A few other examples of convergent evolution include:

• The spine-covered backs of hedgehogs, Old World porcupines, New World Porcupines (evolved separately), some tenrecs, and a few species of rats. 

• The mole-like appearance of “true” moles, African golden moles, and marsupial moles.

• A form adapted for ant-eating — bulky bodies, hunched backs, long thin snouts with worm-like tongues  — in anteaters, armadillos, pangolins, and echidnas.

• The streamlined swimming shape of sharks (fish) and cetaceans like dolphins (mammals) — also ichthyosaurs (reptiles), if we’re including extinct creatures.

• A characteristic crab-like shape has evolved at least five separate times in decapod crustaceans (a phenomenon so prominent that it has a name: carcinisation).
  

³ The known, living lobe-finned fish are limited to two species of coelacanths and six lungfish species: one species in Australia, one in South America, and four in Africa.

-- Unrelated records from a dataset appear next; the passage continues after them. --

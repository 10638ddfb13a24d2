-- ===== src/Orders/Void.antt =====
-- orders/services.py's void_order: an order's live tickets become void and its inventory is freed.

pub mod Effects
use boxoffice.Common.{
  ℕ, ◌-◌, Bool, not, ◌&&◌, Option, none, some, List, ◌==◌, if◌then◌else◌, is_some, length, select,
  update_where,
}
use boxoffice.Db.{Db, GaAllocation, Order, TicketStatus, Ticket, is_void}

abbrev pub is_order_live : ℕ → Ticket → Bool
is_order_live order t = t.order == order && not (is_void t.status)

abbrev pub live_tickets : Db → ℕ → List Ticket
live_tickets db order = select (is_order_live order) db.tickets

abbrev pub ga_count : List Ticket → ℕ
ga_count tickets = length (select (λ t. not (is_some t.seat)) tickets)

abbrev pub void_ticket : Ticket → Ticket
void_ticket t = record t { status = TicketStatus.void }

-- Frees `n` sold places of a performance's allocation, where there is one.
abbrev pub free_places : ℕ → ℕ → List GaAllocation → List GaAllocation
free_places performance n =
    update_where (λ a. a.performance == performance) (λ a. record a { sold = a.sold - n })

abbrev pub free_ga : Option ℕ → ℕ → List GaAllocation → List GaAllocation
free_ga none n allocations = allocations
free_ga (some performance) n allocations =
    if n == 0 then allocations else free_places performance n allocations

unfoldable pub void_order : Db → Order → Db × ℕ
void_order db order =
    let tickets = live_tickets db order.id in
    (
      record db {
        tickets = update_where (is_order_live order.id) void_ticket db.tickets;
        allocations = free_ga order.performance (ga_count tickets) db.allocations;
      },
      length tickets,
    )
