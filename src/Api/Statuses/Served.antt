-- ===== src/Api/Statuses/Served.antt =====
-- The status codes of the answers of `Handler` of sample-api/pkg/openapi/server.go to requests that the
-- router hands to an operation.
use kube_extauth_demo.Prelude.{String, ◌≡◌, refl, ◌⊎◌, inl, inr, ℕ, ◌≤◌, true, arith, nat_eq}
use kube_extauth_demo.Prelude.Tables.{has_row}
use kube_extauth_demo.Effect.{Result, ok, err}
use kube_extauth_demo.Db.Queries.Answers.{QueriesAnswer, any-QueriesAnswer}
use kube_extauth_demo.Db.Client.{Dbtx}
use kube_extauth_demo.Db.Client.Lost.{IsLost, new-QueriesAnswer}
use kube_extauth_demo.External.{Crypto, Env}
use kube_extauth_demo.Auth.{Signer}
use kube_extauth_demo.Api.Http.{HttpResponse}
use kube_extauth_demo.Api.Codec.{Codec, HttpRequest}
use kube_extauth_demo.Api.Identity.{TokenParser, identity}
use kube_extauth_demo.Api.Server.{Server, State, new_server}
use kube_extauth_demo.Api.Router.{Operation, Route, Router, routes, found, recovered, serve}
use kube_extauth_demo.Api.Statuses.{IsAnswer, success, is_failure}
use kube_extauth_demo.Api.Statuses.Requests.{operate-Answers}

failure-status : (o : Operation) (status : ℕ) → is_failure o status ≡ true → 400 ≤ status
unfolding has_row
failure-status Operation.login status h = ground arith
failure-status Operation.list_posts status h = ground arith
failure-status Operation.create_post status h = ground arith
failure-status Operation.delete_post status h = ground arith
failure-status Operation.get_post status h = ground arith
failure-status Operation.replace_post status h = ground arith
failure-status Operation.list_comments status h = ground arith
failure-status Operation.create_comment status h = ground arith
failure-status Operation.delete_comment status h = ground arith
failure-status Operation.update_comment status h = ground arith
failure-status Operation.list_users status h = ground arith
failure-status Operation.create_user status h = ground arith
failure-status Operation.delete_user status h = ground arith
failure-status Operation.get_user status h = ground arith
failure-status Operation.update_user status h = ground arith
failure-status Operation.replace_user status h = ground arith

failed-500 : (o : Operation) → is_failure o 500 ≡ true
unfolding has_row
failed-500 Operation.login = refl
failed-500 Operation.list_posts = refl
failed-500 Operation.create_post = refl
failed-500 Operation.delete_post = refl
failed-500 Operation.get_post = refl
failed-500 Operation.replace_post = refl
failed-500 Operation.list_comments = refl
failed-500 Operation.create_comment = refl
failed-500 Operation.delete_comment = refl
failed-500 Operation.update_comment = refl
failed-500 Operation.list_users = refl
failed-500 Operation.create_user = refl
failed-500 Operation.delete_user = refl
failed-500 Operation.get_user = refl
failed-500 Operation.update_user = refl
failed-500 Operation.replace_user = refl

module _ (s : Server) (codec : Codec) where
  recovered-IsAnswer :
      {C : Type 0} (o : Operation) (result : Result HttpResponse × State s)
      → ((a : HttpResponse) → result.0 ≡ ok a → IsAnswer C o a.status)
      → is_failure o 500 ≡ true
      → IsAnswer C o (recovered s codec result).0.status
  recovered-IsAnswer o (ok response, st) answered h = answered response refl
  recovered-IsAnswer o (err e, st) answered h = record { expected = inr h }

  serve-IsAnswer :
      {C : Type 0}
      → QueriesAnswer s.q C
      → (parser : TokenParser) (router : Router) (env : Env) (r : HttpRequest) (route : Route)
        (params : String → String) (st : State s)
      → router routes r ≡ found route params
      → IsAnswer C route.operation (serve s codec parser router env r st).0.status
  unfolding serve
  serve-IsAnswer d parser router env r route params st h =
      rw (h, serve)
        (recovered-IsAnswer route.operation _
          ((operate-Answers s codec d env (identity parser r.authorization) route.operation
              (record r { url_param = params })).at
            st)
          (failed-500 route.operation))

module _ (parser : TokenParser) (router : Router) (codec : Codec) (env : Env) (r : HttpRequest)
    (route : Route) (params : String → String) (handed : router routes r ≡ found route params) where
  -- A request that the router hands to an operation is answered with the operation's status of success
  -- or with one of its statuses of failure, and no other: whatever the database does, panics and
  -- errors of the encoder included.
  pub serve-status :
      (s : Server) (st : State s)
      → ((serve s codec parser router env r st).0.status ≡ success route.operation)
        ⊎ (is_failure route.operation (serve s codec parser router env r st).0.status ≡ true)
  serve-status s st =
      elim (serve-IsAnswer s codec (any-QueriesAnswer s.q) parser router env r route params st
        handed).expected [ inl (same, _) ↦ inl same | inr failure ↦ inr failure ]

  -- While every call of the database connection fails, no request that the router hands to an
  -- operation is answered with success: the status is one of the operation's statuses of failure,
  -- and is 400 or more.
  pub serve-lost :
      (db : Dbtx) (crypto : Crypto) (signer : Signer crypto) (st : db.State)
      → IsLost db
      → (is_failure route.operation
            (serve (new_server db crypto signer) codec parser router env r st).0.status
          ≡ true)
        × (400 ≤ (serve (new_server db crypto signer) codec parser router env r st).0.status)
  serve-lost db crypto signer st lost =
      elim (serve-IsAnswer (new_server db crypto signer) codec (new-QueriesAnswer db lost) parser
        router env r route params st handed).expected [
          | inl (_, never) ↦ elim never [ ]
          | inr failure ↦ (failure, failure-status route.operation _ failure)
        ]
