-- ===== src/Api/Store.antt =====
-- The server over the tables: what requests do to the database.
pub mod Sessions
pub mod Merges
pub mod Updates
pub mod Profiles
pub mod Threads
pub mod Authorship
pub mod Consistency
pub mod Connected
pub mod Interleaved
pub mod Reads
pub mod Accounts
pub mod Logins
pub mod Failures
pub mod Lists
pub mod Ownership
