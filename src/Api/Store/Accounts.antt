-- ===== src/Api/Store/Accounts.antt =====
-- How a 201 of CreateUser comes about.
use kube_extauth_demo.Prelude.{arith, String, ◌≡◌, ap, some, Option-cases, inl, inr, if◌then◌else◌}
use kube_extauth_demo.Effect.{Err, ok, pure, raise, lift}
use kube_extauth_demo.Effect.Outcomes.{pair-eq, check-eq-ok, bind-eq-ok}
use kube_extauth_demo.Db.Models
use kube_extauth_demo.Db.Models.{Uuid, PgUuid, UserRole, ◌=?◌}
use kube_extauth_demo.Db.Params.{CreateUserParams}
use kube_extauth_demo.External.{Env}
use kube_extauth_demo.Api.Types.{User, Error, UserCreate}
use kube_extauth_demo.Api.Mapping.{to_api_user, pg_text, is_unique_violation}
use kube_extauth_demo.Api.Requests.{CreateUserRequestObject}
use kube_extauth_demo.Api.Responses.Users.{
  create_user_201_json, create_user_409_json, create_user_422_json,
}
use kube_extauth_demo.Api.Server.{Server, State, on_not_found, hash_password}
use kube_extauth_demo.Api.Users.{body_with_password, create_user}

module _ {S : Type 0} {user : User} {st' : S} where
  unknown_role-neq :
      (m : Error) (e : Err) (st : S)
      → on_not_found (create_user_422_json m) e st ≡ (ok (create_user_201_json user), st')
      → ⊥
  unfolding on_not_found pure raise
  unknown_role-neq m e st h = ground arith

  conflict-neq :
      (m : Error) (e : Err) (st : S)
      → (if is_unique_violation e then pure (create_user_409_json m) else raise e) st
        ≡ (ok (create_user_201_json user), st')
      → ⊥
  unfolding pure raise
  conflict-neq m e st h = ground arith

module _ (s : Server) (env : Env) where
  open s use {q}

  -- The parameters with which CreateUser of the server calls the query.
  abbrev pub row_params : UserCreate → String → String → UserRole → CreateUserParams
  row_params body salt hash role = record {
    email = body.email;
    password_hash = hash;
    password_salt = salt;
    first_name = body.first_name;
    last_name = body.last_name;
    avatar_url = pg_text body.avatar_url;
    bio = pg_text body.bio;
    role_id = role.id;
  }

  -- How a 201 of CreateUser came about: the body, the role of its slug, the hash of its password
  -- with a salt, and the row that the query returned.
  pub record Creation (request : CreateUserRequestObject) (user : User) (st st' : State s)
      : Type 0 where
    pub body : UserCreate
    pub password : String
    pub role : UserRole
    pub salt : String
    pub hash : String
    pub row : Models.User
    pub given : body_with_password request.body ≡ some (body, password)
    pub role_read : (q.get_role_by_slug body.role st).0 ≡ ok role
    pub hashed : hash_password s.crypto env password salt ≡ ok hash
    pub stored :
        q.create_user (row_params body salt hash role) (q.get_role_by_slug body.role st).1
        ≡ (ok row, st')
    pub returned : user ≡ to_api_user row role

  pub create_user-Creation :
      (request : CreateUserRequestObject) (user : User) (st st' : State s)
      → create_user s env request st ≡ (ok (create_user_201_json user), st')
      → Creation request user st st'
  unfolding create_user pure lift
  create_user-Creation request user st st' h =
      elim (Option-cases (body_with_password request.body)) [
        | inl missing ↦ cc (rw (missing, create_user) at h)
        | inr ((body, password), given) ↦
            elim (check-eq-ok _ _ _ st (rw (given, create_user) at h)) [
              | inl (role, role_read, h1) ↦
                  let (salt, salted, h2) = bind-eq-ok _ _ _ h1 in
                  let (hash, hashed, h3) = bind-eq-ok _ _ _ h2 in
                  elim (check-eq-ok _ _ _ _ h3) [
                    | inl (row, stored, h4) ↦ record {
                      body = body;
                      password = password;
                      role = role;
                      salt = salt;
                      hash = hash;
                      row = row;
                      given = given;
                      role_read = role_read;
                      hashed = hashed;
                      stored = pair-eq _ stored (ap (λ r. r.1) h4);
                      returned = cc (ap (λ r. r.0) h4);
                    }
                    | inr (e, failed, h4) ↦ elim (conflict-neq _ e _ h4) [ ]
                  ]
              | inr (e, failed, h1) ↦ elim (unknown_role-neq _ e _ h1) [ ]
            ]
      ]
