-- ===== src/Db/Store/Base.antt =====
-- The tables, the values that the server supplies, and what several statements share.
use kube_extauth_demo.Prelude.{ℕ, suc, String, true, Option, none, some, List, if◌then◌else◌}
use kube_extauth_demo.Prelude.Lists.{take, drop}
use kube_extauth_demo.Prelude.Int.{ℤ, pos, pos_part, ltb_ℤ}
use kube_extauth_demo.Effect.{Err, no_rows, pg_error, Result, ok, err}
use kube_extauth_demo.Db.Models.{Uuid, Time, PgUuid, PgText, PgTime, User, Post, Comment, UserRole}

-- A table is the list of its rows, the newest version of a row first. SQL gives the order no
-- meaning.
pub record Tables : Type 0 where
  pub roles : List UserRole
  pub users : List User
  pub posts : List Post
  pub comments : List Comment

-- `ids n` is what gen_random_uuid() and `clock n` what now() returns in the n-th statement that
-- writes, and `statements` counts those.
pub record Database : Type 0 where
  pub tables : Tables
  pub open tables use *
  pub ids : ℕ → Uuid
  pub clock : ℕ → Time
  pub statements : ℕ

-- The SQLSTATE codes of the errors that the constraints and clauses can raise.
abbrev pub not_null_violation : Err
not_null_violation = pg_error "23502"

abbrev pub foreign_key_violation : Err
foreign_key_violation = pg_error "23503"

abbrev pub unique_violation : Err
unique_violation = pg_error "23505"

abbrev pub invalid_text_representation : Err
invalid_text_representation = pg_error "22P02"

abbrev pub invalid_row_count_in_limit_clause : Err
invalid_row_count_in_limit_clause = pg_error "2201W"

abbrev pub invalid_row_count_in_result_offset_clause : Err
invalid_row_count_in_result_offset_clause = pg_error "2201X"

abbrev pub pg_now : Database → PgTime
pg_now db = record { time = db.clock db.statements; valid = true }

abbrev pub pg_new_id : Database → PgUuid
pg_new_id db = record { bytes = db.ids db.statements; valid = true }

-- The state after a statement that writes: an error leaves the tables as they were.
abbrev pub written : Database → Tables → Database
written db t = record db { tables = t; statements = suc db.statements }

-- The end of a statement that stores a row: a violated constraint, or the row and the new tables.
abbrev pub store_row {ℓ} : {A : Type ℓ} → Database → Option Err → A → Tables → Result A × Database
store_row db none row t = (ok row, written db t)
store_row db (some e) row t = (err e, written db db.tables)

-- The only row of a statement, which `QueryRow(…).Scan` reads.
abbrev pub scan_one {ℓ} : {A : Type ℓ} → Option A → Result A
scan_one none = err no_rows
scan_one (some row) = ok row

-- LIMIT and OFFSET
unfoldable pub window {ℓ} : {A : Type ℓ} → ℤ → ℤ → List A → Result (List A)
window limit offset rows =
    if ltb_ℤ offset (pos 0)
    then err invalid_row_count_in_result_offset_clause
    else if ltb_ℤ limit (pos 0)
    then err invalid_row_count_in_limit_clause
    else ok (take (pos_part limit) (drop (pos_part offset) rows))

-- COALESCE($n, column)
abbrev pub coalesce_text : PgText → String → String
coalesce_text arg old = if arg.valid then arg.string else old

abbrev pub coalesce_nullable : PgText → PgText → PgText
coalesce_nullable arg old = if arg.valid then arg else old

abbrev pub coalesce_uuid : PgUuid → PgUuid → PgUuid
coalesce_uuid arg old = if arg.valid then arg else old
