-- ===== src/Db/Store/Users.antt =====
-- The statements on users.
use kube_extauth_demo.Prelude.{
  ℕ, String, Bool, Option, none, some, List, [], ◌∷◌, ◌==◌, string_eq, not, ◌&&◌, ◌||◌,
  if◌then◌else◌,
}
use kube_extauth_demo.Prelude.Lists.{length}
use kube_extauth_demo.Prelude.Tables.{find_row, rows_where, rows_except, has_row, order_by}
use mathlib.Core.List.{reverse}
use kube_extauth_demo.Effect.{Err, no_rows, Result, ok, err, Exec}
use kube_extauth_demo.Db.Models.{PgUuid, User, UserRole, Post, Comment, ◌=?◌}
use kube_extauth_demo.Db.Params.{
  CreateUserParams, GetUserRow, GetUserByEmailRow, ListUsersParams, ListUsersRow, ReplaceUserParams,
  UpdateUserParams,
}
use kube_extauth_demo.Db.Store.Base.{
  Tables, Database, not_null_violation, foreign_key_violation, unique_violation, pg_now, pg_new_id,
  written, store_row, scan_one, window, coalesce_text, coalesce_nullable, coalesce_uuid,
}

-- The constraints of the table on a row beside the rows `rest`, in the order of their checks.
unfoldable pub user_violation : Tables → List User → User → Option Err
user_violation t rest u =
    if not (u.id.valid && u.role_id.valid)
    then some not_null_violation
    else if has_row (λ v. v.id =? u.id) rest || has_row (λ v. v.email == u.email) rest
    then some unique_violation
    else if has_row (λ r. r.id =? u.role_id) t.roles
    then none
    else some foreign_key_violation

unfoldable pub count_users : Exec Database ℕ
count_users db = (ok (length db.users), db)

-- The row that CreateUser stores, with the defaults of the columns that it does not name.
abbrev pub new_user : CreateUserParams → Database → User
new_user arg db = record {
  id = pg_new_id db;
  email = arg.email;
  password_hash = arg.password_hash;
  password_salt = arg.password_salt;
  first_name = arg.first_name;
  last_name = arg.last_name;
  avatar_url = arg.avatar_url;
  bio = arg.bio;
  role_id = arg.role_id;
  created_at = pg_now db;
  updated_at = pg_now db;
}

unfoldable pub create_user : CreateUserParams → Exec Database User
unfolding user_violation
create_user arg db =
    let row = new_user arg db in
    store_row db (user_violation db.tables db.users row) row
      (record (db.tables) { users = row ∷ db.users })

-- The rows that go with deleted users: by ON DELETE CASCADE their posts, their comments and the
-- comments on those posts.
abbrev pub posts_of : List User → Post → Bool
posts_of gone p = has_row (λ u. u.id =? p.author_id) gone

abbrev pub comments_of : List User → List Post → Comment → Bool
comments_of users posts c =
    has_row (λ u. u.id =? c.author_id) users || has_row (λ p. p.id =? c.post_id) posts

unfoldable pub delete_user : PgUuid → Exec Database (Unit {0})
delete_user id db =
    let gone = rows_where (λ u. u.id =? id) db.users in
    let gone_posts = rows_where (posts_of gone) db.posts in
    (
      ok tt,
      written db (record (db.tables) {
        users = rows_except (λ u. u.id =? id) db.users;
        posts = rows_except (posts_of gone) db.posts;
        comments = rows_except (comments_of gone gone_posts) db.comments;
      }),
    )

-- JOIN user_roles ON user_roles.id = users.role_id
abbrev pub role_of : Tables → User → Option UserRole
role_of t u = find_row (λ r. r.id =? u.role_id) t.roles

-- The rows of the join, from the first user that a condition selects.
abbrev pub joined : Option User → Tables → Option (User × UserRole)
joined none t = none
joined (some u) t = elim (role_of t u) [ none ↦ none | some r ↦ some (u, r) ]

abbrev pub get_user_row : Option (User × UserRole) → Option GetUserRow
get_user_row none = none
get_user_row (some (u, r)) = some (record { user = u; user_role = r })

unfoldable pub get_user : PgUuid → Exec Database GetUserRow
get_user id db =
    (scan_one (get_user_row (joined (find_row (λ u. u.id =? id) db.users) db.tables)), db)

abbrev pub get_user_by_email_row : Option (User × UserRole) → Option GetUserByEmailRow
get_user_by_email_row none = none
get_user_by_email_row (some (u, r)) = some (record { user = u; user_role = r })

unfoldable pub get_user_by_email : String → Exec Database GetUserByEmailRow
get_user_by_email email db = (
  scan_one (get_user_by_email_row (joined (find_row (λ u. u.email == email) db.users) db.tables)),
  db,
)

abbrev pub with_role : Option UserRole → User → List ListUsersRow → List ListUsersRow
with_role none u rows = rows
with_role (some r) u rows = record { user = u; user_role = r } ∷ rows

unfoldable pub join_roles : Tables → List User → List ListUsersRow
join_roles t [] = []
join_roles t (u ∷ us) = with_role (role_of t u) u (join_roles t us)

unfoldable pub list_users : ListUsersParams → Exec Database (List ListUsersRow)
unfolding join_roles
list_users arg db =
    let rows =
      reverse (order_by (λ row. row.user.created_at.time) (join_roles db.tables db.users)) in
    (window arg.limit arg.offset rows, db)

-- UPDATE … WHERE id = $1 RETURNING …: `old` is the row with the id and `row` what becomes of it.
abbrev pub update_row : Database → PgUuid → Option User → (User → User) → Result User × Database
update_row db id none change = (err no_rows, written db db.tables)
update_row db id (some old) change =
    let row = change old in
    let rest = rows_except (λ u. u.id =? id) db.users in
    store_row db (user_violation db.tables rest row) row (record (db.tables) { users = row ∷ rest })

unfoldable pub replace_user : ReplaceUserParams → Exec Database User
unfolding user_violation
replace_user arg db = update_row db arg.id (find_row (λ u. u.id =? arg.id) db.users) λ old.
    record old {
      email = arg.email;
      password_hash = arg.password_hash;
      password_salt = arg.password_salt;
      first_name = arg.first_name;
      last_name = arg.last_name;
      avatar_url = arg.avatar_url;
      bio = arg.bio;
      role_id = arg.role_id;
      updated_at = pg_now db;
    }

unfoldable pub update_user : UpdateUserParams → Exec Database User
unfolding user_violation
update_user arg db = update_row db arg.id (find_row (λ u. u.id =? arg.id) db.users) λ old.
    record old {
      email = coalesce_text arg.email old.email;
      password_hash = coalesce_text arg.password_hash old.password_hash;
      password_salt = coalesce_text arg.password_salt old.password_salt;
      first_name = coalesce_text arg.first_name old.first_name;
      last_name = coalesce_text arg.last_name old.last_name;
      avatar_url = coalesce_nullable arg.avatar_url old.avatar_url;
      bio = coalesce_nullable arg.bio old.bio;
      role_id = coalesce_uuid arg.role_id old.role_id;
      updated_at = pg_now db;
    }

The Australian species is unique for having fully-functioning gills and only one lung. The rest have atrophied gills, making them obligate air-breathers, for which purpose they all have paired lungs.

⁴ The fossil of Tiktaalik roseae was discovered in 2004 on Ellesmere Island in Nunavut, Arctic Canada. Living around 375 million years ago, during the Devonian period, it is considered a transitional form between lobe-finned fishes and early four-legged vertebrates (tetrapods), possessing both fish-like traits (scales, fins, and gills) and tetrapod-like traits (a neck, flat head, rib bones, and limb bones resembling wrists). The “gap” that it fills is between fully aquatic fish like Eusthenopteron and more amphibian-like Acanthostega.